List all lines of the data that include the string "Collection".

(Beginning of Data for the task)

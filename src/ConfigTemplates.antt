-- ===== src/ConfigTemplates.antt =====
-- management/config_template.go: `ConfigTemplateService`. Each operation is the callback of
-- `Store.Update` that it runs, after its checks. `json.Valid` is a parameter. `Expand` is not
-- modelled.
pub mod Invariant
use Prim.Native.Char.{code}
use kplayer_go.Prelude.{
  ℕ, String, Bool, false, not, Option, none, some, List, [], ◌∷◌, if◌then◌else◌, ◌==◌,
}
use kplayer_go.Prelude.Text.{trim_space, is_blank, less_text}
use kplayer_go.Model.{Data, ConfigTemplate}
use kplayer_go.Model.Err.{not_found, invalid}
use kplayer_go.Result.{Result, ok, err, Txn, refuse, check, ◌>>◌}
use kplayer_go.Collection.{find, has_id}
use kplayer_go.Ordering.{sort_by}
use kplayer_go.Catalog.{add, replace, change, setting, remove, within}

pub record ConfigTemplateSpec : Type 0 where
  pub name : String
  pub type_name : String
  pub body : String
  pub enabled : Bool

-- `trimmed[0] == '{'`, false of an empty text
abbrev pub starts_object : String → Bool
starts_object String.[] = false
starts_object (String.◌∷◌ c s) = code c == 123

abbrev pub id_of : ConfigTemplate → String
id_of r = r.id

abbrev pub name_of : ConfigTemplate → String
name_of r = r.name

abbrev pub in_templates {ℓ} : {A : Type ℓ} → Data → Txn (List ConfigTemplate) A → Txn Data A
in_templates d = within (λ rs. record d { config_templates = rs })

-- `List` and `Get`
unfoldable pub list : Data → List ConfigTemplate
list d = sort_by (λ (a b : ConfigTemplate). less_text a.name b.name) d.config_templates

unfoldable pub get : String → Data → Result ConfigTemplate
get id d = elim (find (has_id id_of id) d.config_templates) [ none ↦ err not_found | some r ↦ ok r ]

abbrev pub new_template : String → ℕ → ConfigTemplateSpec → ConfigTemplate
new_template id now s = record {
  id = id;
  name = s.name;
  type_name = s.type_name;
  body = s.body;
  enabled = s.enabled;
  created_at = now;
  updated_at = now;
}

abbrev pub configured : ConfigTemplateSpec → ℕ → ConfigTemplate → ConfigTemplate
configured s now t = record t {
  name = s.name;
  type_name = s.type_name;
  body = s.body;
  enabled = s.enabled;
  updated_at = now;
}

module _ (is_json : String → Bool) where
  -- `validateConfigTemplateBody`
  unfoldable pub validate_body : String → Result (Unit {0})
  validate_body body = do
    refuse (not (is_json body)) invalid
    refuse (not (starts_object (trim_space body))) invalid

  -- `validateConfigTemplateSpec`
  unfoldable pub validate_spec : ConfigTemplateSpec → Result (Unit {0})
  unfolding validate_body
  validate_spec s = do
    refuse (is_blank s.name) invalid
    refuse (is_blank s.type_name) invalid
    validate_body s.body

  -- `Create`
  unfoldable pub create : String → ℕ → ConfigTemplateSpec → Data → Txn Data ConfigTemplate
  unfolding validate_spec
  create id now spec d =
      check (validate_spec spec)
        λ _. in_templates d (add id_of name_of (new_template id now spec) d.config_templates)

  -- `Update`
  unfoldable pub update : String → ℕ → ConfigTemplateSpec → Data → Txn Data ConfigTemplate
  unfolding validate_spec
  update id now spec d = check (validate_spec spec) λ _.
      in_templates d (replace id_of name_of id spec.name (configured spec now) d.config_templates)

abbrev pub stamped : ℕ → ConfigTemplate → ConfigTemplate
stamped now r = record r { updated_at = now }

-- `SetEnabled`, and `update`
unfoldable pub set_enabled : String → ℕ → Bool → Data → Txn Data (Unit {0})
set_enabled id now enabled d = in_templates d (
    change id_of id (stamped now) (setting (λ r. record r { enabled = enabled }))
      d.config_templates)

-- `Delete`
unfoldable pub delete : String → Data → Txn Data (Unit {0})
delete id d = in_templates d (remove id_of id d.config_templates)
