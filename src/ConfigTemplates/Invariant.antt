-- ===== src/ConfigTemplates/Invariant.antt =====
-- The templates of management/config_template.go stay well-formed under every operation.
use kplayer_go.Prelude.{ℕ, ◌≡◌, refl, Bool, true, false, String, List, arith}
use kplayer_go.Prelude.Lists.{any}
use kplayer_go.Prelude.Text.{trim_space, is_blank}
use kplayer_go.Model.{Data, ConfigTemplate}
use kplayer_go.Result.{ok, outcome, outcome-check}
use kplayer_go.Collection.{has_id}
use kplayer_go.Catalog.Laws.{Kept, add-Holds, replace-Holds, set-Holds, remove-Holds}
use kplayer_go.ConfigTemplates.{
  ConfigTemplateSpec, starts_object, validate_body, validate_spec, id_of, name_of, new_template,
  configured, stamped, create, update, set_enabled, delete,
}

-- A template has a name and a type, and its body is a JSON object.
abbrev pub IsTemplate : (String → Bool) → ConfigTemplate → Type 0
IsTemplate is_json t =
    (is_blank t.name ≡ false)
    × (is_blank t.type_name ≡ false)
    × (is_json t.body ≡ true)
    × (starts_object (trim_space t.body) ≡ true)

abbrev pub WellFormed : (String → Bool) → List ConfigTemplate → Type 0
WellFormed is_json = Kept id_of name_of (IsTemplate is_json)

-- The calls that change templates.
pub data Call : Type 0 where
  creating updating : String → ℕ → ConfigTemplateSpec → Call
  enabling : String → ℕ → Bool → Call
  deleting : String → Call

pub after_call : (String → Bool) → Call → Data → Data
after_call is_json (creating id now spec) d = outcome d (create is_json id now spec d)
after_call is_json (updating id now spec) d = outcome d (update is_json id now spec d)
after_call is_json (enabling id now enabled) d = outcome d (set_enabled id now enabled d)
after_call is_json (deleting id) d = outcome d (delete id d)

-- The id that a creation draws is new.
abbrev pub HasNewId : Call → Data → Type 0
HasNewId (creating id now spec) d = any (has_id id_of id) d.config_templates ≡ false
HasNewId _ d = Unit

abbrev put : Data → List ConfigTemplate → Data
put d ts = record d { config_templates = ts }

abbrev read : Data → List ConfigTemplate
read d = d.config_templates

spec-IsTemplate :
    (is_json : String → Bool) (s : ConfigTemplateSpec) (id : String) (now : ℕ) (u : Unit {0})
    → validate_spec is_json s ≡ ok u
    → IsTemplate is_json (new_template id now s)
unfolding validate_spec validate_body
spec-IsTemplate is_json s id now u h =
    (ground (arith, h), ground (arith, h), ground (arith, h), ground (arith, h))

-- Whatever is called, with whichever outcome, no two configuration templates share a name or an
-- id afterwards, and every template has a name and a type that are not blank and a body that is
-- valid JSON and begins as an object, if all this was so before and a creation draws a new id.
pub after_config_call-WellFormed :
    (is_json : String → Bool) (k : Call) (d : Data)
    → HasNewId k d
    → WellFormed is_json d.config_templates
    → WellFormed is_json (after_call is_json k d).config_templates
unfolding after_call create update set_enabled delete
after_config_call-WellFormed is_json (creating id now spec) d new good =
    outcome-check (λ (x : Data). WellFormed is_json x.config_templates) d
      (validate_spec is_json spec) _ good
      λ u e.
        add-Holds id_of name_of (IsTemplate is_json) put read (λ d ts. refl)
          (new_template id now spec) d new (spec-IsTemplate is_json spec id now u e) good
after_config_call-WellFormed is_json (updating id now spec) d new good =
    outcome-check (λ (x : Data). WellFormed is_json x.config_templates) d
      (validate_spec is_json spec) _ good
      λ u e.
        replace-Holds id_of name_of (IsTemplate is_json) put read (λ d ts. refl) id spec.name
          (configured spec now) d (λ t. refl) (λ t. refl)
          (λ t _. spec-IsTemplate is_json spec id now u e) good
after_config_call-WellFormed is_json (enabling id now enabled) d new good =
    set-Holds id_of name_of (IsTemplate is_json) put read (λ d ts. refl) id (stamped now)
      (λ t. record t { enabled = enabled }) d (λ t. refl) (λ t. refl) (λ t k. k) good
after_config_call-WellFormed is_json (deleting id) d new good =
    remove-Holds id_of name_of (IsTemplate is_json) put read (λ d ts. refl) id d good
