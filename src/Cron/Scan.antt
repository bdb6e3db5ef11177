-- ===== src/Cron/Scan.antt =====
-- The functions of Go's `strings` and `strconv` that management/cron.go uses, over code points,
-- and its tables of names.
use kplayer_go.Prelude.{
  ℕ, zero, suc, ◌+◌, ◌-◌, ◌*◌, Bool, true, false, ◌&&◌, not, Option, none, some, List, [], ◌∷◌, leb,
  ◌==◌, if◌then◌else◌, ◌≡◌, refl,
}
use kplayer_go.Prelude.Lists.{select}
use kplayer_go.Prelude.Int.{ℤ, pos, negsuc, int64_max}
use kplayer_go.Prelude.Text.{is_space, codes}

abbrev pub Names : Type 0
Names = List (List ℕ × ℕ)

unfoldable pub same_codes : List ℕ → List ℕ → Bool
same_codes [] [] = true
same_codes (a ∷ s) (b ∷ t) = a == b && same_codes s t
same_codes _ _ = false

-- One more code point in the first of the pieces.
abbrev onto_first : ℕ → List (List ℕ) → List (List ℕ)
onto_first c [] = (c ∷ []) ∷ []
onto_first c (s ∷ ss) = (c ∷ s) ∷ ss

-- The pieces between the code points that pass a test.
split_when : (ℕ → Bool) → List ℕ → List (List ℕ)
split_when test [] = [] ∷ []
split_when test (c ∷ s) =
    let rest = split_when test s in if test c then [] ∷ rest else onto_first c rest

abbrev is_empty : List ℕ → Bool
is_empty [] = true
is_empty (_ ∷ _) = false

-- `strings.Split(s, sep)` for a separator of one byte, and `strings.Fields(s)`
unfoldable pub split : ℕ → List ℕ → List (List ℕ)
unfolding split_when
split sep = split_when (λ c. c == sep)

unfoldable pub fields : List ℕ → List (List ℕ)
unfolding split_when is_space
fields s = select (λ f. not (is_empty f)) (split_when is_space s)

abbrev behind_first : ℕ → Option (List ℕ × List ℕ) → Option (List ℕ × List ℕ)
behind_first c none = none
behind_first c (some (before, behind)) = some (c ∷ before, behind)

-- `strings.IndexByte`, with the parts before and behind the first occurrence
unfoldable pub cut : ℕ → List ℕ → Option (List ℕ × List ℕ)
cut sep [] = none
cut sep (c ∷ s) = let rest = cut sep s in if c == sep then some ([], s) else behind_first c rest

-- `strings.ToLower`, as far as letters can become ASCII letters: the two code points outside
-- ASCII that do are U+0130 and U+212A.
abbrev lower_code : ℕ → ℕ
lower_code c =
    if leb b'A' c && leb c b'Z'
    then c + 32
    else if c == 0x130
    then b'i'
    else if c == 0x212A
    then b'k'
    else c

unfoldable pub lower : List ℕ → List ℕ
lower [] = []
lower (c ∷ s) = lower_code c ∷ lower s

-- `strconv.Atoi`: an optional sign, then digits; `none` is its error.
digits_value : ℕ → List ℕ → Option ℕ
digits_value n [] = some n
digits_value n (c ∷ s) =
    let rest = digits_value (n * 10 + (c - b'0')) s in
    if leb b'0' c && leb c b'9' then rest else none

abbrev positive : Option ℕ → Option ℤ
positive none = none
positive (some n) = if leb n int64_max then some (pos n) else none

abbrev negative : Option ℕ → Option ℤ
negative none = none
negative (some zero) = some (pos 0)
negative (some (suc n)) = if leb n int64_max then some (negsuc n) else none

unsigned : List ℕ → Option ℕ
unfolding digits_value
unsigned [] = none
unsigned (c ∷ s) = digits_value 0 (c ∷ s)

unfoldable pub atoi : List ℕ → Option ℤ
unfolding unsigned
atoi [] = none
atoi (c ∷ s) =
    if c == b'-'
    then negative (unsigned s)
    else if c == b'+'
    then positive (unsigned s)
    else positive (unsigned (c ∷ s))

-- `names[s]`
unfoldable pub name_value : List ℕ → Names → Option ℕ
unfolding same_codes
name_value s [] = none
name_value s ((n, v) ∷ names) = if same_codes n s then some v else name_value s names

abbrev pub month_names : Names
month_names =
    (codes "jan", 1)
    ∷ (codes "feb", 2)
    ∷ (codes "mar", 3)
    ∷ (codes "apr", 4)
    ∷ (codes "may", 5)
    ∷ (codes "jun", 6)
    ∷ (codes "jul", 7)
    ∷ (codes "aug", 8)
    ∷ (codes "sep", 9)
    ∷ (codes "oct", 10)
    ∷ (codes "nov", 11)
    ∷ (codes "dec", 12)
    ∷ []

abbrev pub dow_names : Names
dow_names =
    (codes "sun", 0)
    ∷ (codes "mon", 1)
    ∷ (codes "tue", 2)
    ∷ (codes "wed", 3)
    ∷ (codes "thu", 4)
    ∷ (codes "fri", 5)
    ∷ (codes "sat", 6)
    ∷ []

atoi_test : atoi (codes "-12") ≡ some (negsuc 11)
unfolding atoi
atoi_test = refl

(End of Data for the task)
(Beginning of Data for the task)

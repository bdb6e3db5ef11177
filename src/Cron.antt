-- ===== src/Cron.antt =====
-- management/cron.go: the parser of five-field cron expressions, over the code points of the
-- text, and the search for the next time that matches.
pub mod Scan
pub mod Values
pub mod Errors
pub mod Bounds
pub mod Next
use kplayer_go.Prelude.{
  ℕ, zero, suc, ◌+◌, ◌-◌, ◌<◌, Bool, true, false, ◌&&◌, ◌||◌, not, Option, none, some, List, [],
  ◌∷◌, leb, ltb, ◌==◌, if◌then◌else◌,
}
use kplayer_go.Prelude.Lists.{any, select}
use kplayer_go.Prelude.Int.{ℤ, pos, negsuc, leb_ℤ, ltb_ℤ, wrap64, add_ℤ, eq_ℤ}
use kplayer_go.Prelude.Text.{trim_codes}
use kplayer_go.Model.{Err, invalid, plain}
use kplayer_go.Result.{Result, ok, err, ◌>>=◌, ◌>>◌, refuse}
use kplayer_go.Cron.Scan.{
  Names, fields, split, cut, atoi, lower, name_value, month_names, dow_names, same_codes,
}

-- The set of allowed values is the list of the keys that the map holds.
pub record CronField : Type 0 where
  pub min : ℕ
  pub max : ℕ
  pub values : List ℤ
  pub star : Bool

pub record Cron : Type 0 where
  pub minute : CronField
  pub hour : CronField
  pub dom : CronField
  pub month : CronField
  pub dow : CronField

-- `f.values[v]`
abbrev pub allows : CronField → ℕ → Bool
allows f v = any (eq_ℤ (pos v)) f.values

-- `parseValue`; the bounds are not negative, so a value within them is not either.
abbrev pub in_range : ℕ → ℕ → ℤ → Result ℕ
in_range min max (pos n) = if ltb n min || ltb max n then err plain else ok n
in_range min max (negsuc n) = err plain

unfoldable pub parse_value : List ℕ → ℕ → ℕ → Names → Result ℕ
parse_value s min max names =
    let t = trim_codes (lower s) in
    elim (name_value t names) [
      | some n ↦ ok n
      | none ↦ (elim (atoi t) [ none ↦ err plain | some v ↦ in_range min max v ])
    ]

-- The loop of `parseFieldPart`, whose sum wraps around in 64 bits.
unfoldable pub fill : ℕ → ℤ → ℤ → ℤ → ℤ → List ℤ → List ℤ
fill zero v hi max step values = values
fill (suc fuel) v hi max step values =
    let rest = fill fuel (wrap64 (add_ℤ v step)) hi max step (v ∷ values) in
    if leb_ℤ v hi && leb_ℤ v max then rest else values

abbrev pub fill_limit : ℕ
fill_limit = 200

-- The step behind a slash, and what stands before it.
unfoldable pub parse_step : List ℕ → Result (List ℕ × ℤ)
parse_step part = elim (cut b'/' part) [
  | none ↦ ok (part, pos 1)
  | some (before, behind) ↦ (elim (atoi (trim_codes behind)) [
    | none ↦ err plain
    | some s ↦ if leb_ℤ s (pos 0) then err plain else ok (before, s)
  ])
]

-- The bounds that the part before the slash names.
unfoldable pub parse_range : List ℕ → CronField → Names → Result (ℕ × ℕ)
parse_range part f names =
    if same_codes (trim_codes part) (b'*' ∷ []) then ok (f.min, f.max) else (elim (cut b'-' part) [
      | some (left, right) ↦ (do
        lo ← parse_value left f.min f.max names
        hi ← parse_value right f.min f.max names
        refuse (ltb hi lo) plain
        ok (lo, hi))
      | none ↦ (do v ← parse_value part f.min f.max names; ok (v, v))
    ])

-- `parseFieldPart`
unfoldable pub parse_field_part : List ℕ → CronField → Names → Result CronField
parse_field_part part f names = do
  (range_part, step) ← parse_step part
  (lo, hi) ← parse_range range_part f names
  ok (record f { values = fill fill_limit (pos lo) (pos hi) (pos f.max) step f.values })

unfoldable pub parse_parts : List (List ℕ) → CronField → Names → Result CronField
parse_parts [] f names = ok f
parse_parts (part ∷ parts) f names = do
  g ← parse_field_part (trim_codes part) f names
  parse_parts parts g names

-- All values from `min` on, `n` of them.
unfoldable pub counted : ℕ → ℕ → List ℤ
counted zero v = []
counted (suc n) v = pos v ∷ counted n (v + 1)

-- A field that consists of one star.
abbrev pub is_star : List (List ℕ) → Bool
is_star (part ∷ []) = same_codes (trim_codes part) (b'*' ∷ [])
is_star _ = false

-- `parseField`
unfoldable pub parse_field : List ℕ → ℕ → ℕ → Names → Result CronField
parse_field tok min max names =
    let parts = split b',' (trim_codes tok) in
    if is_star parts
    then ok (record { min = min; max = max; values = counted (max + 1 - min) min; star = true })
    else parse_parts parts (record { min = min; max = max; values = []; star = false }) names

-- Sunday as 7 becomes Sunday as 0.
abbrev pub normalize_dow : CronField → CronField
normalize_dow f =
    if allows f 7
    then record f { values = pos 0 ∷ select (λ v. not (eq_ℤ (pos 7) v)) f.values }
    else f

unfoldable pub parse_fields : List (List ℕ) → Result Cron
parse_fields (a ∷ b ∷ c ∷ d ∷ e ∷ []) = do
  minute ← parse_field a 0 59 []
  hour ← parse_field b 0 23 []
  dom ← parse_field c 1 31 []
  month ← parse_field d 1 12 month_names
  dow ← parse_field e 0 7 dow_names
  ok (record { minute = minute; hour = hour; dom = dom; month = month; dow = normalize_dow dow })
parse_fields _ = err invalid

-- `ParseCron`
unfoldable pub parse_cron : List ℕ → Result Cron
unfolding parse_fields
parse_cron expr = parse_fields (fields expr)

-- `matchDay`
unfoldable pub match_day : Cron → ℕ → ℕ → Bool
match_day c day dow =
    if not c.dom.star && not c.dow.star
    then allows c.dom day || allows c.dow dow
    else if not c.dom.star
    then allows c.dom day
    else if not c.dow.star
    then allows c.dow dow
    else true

(End of Data for the task)
(Beginning of Data for the task)

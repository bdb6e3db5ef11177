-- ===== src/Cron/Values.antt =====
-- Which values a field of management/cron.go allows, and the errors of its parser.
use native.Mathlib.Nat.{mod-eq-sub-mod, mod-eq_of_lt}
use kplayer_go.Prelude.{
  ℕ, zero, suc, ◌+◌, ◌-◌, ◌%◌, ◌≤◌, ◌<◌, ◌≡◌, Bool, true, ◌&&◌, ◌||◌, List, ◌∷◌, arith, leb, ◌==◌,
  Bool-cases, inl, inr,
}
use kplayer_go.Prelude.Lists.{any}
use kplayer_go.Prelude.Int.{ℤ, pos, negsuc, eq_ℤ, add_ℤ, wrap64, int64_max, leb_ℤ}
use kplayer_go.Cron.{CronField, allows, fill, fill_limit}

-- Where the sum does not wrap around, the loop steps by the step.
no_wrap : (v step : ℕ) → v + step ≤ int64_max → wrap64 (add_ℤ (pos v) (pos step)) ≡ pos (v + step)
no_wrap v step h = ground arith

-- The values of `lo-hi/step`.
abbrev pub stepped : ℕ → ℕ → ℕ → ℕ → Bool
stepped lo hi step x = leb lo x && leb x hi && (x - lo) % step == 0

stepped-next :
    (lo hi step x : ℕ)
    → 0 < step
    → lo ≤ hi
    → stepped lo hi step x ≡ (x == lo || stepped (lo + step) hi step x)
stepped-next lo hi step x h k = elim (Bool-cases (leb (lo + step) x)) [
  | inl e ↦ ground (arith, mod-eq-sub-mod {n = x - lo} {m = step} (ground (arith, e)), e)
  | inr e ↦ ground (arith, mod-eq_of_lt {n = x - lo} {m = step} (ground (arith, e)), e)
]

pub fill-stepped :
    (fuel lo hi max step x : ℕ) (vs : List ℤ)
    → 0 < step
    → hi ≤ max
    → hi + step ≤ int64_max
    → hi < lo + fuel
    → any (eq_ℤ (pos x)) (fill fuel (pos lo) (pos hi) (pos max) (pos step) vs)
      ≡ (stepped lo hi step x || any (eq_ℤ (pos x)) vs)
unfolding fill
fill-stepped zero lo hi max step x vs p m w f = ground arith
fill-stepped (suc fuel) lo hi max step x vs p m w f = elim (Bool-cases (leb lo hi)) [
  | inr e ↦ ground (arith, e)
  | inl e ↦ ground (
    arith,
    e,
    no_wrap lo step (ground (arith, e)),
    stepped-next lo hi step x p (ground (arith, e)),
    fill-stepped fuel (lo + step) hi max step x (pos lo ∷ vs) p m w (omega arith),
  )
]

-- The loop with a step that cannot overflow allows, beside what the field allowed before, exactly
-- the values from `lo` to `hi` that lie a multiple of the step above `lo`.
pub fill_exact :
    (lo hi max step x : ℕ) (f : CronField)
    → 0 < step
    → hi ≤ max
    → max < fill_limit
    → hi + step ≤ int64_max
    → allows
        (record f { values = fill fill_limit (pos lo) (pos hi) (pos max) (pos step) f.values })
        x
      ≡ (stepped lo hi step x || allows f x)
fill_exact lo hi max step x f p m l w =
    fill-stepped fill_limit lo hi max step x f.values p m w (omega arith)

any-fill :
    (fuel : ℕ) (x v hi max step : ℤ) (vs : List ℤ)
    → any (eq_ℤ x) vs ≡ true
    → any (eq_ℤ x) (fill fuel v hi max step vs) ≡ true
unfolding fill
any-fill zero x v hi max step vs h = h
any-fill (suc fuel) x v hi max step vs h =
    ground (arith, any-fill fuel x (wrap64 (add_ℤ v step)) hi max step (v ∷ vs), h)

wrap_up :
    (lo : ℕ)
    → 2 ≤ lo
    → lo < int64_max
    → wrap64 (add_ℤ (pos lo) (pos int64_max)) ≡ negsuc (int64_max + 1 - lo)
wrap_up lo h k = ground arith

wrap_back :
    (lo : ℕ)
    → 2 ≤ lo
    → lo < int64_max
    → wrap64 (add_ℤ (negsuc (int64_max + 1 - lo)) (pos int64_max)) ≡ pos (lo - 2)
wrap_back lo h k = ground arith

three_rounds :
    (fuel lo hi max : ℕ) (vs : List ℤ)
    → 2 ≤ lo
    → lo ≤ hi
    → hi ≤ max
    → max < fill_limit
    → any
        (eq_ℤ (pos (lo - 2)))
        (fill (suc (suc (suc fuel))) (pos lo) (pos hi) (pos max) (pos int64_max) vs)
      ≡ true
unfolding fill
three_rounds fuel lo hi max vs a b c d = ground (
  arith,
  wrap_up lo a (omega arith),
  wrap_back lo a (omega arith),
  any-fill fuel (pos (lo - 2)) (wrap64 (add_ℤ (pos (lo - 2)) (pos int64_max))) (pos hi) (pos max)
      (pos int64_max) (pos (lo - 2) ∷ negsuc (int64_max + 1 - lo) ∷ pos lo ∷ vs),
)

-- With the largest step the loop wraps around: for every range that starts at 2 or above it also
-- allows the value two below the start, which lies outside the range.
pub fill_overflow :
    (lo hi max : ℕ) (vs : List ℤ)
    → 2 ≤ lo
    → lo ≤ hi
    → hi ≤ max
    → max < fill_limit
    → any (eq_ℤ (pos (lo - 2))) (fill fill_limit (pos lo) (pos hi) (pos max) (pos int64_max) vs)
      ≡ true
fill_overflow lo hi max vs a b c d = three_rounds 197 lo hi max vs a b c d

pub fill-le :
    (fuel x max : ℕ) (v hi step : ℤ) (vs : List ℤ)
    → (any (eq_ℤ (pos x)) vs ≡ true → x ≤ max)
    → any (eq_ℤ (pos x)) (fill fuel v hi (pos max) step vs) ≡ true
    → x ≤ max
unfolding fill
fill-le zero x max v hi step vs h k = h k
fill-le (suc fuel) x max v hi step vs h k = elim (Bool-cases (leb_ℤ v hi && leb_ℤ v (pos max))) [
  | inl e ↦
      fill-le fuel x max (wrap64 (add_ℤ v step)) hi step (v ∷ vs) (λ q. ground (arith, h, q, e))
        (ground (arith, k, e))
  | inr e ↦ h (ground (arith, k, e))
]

(End of Data for the task)

*Result for this task:*
use kplayer_go.Collection.{find, has_id}
use kplayer_go.Collection.{has_id}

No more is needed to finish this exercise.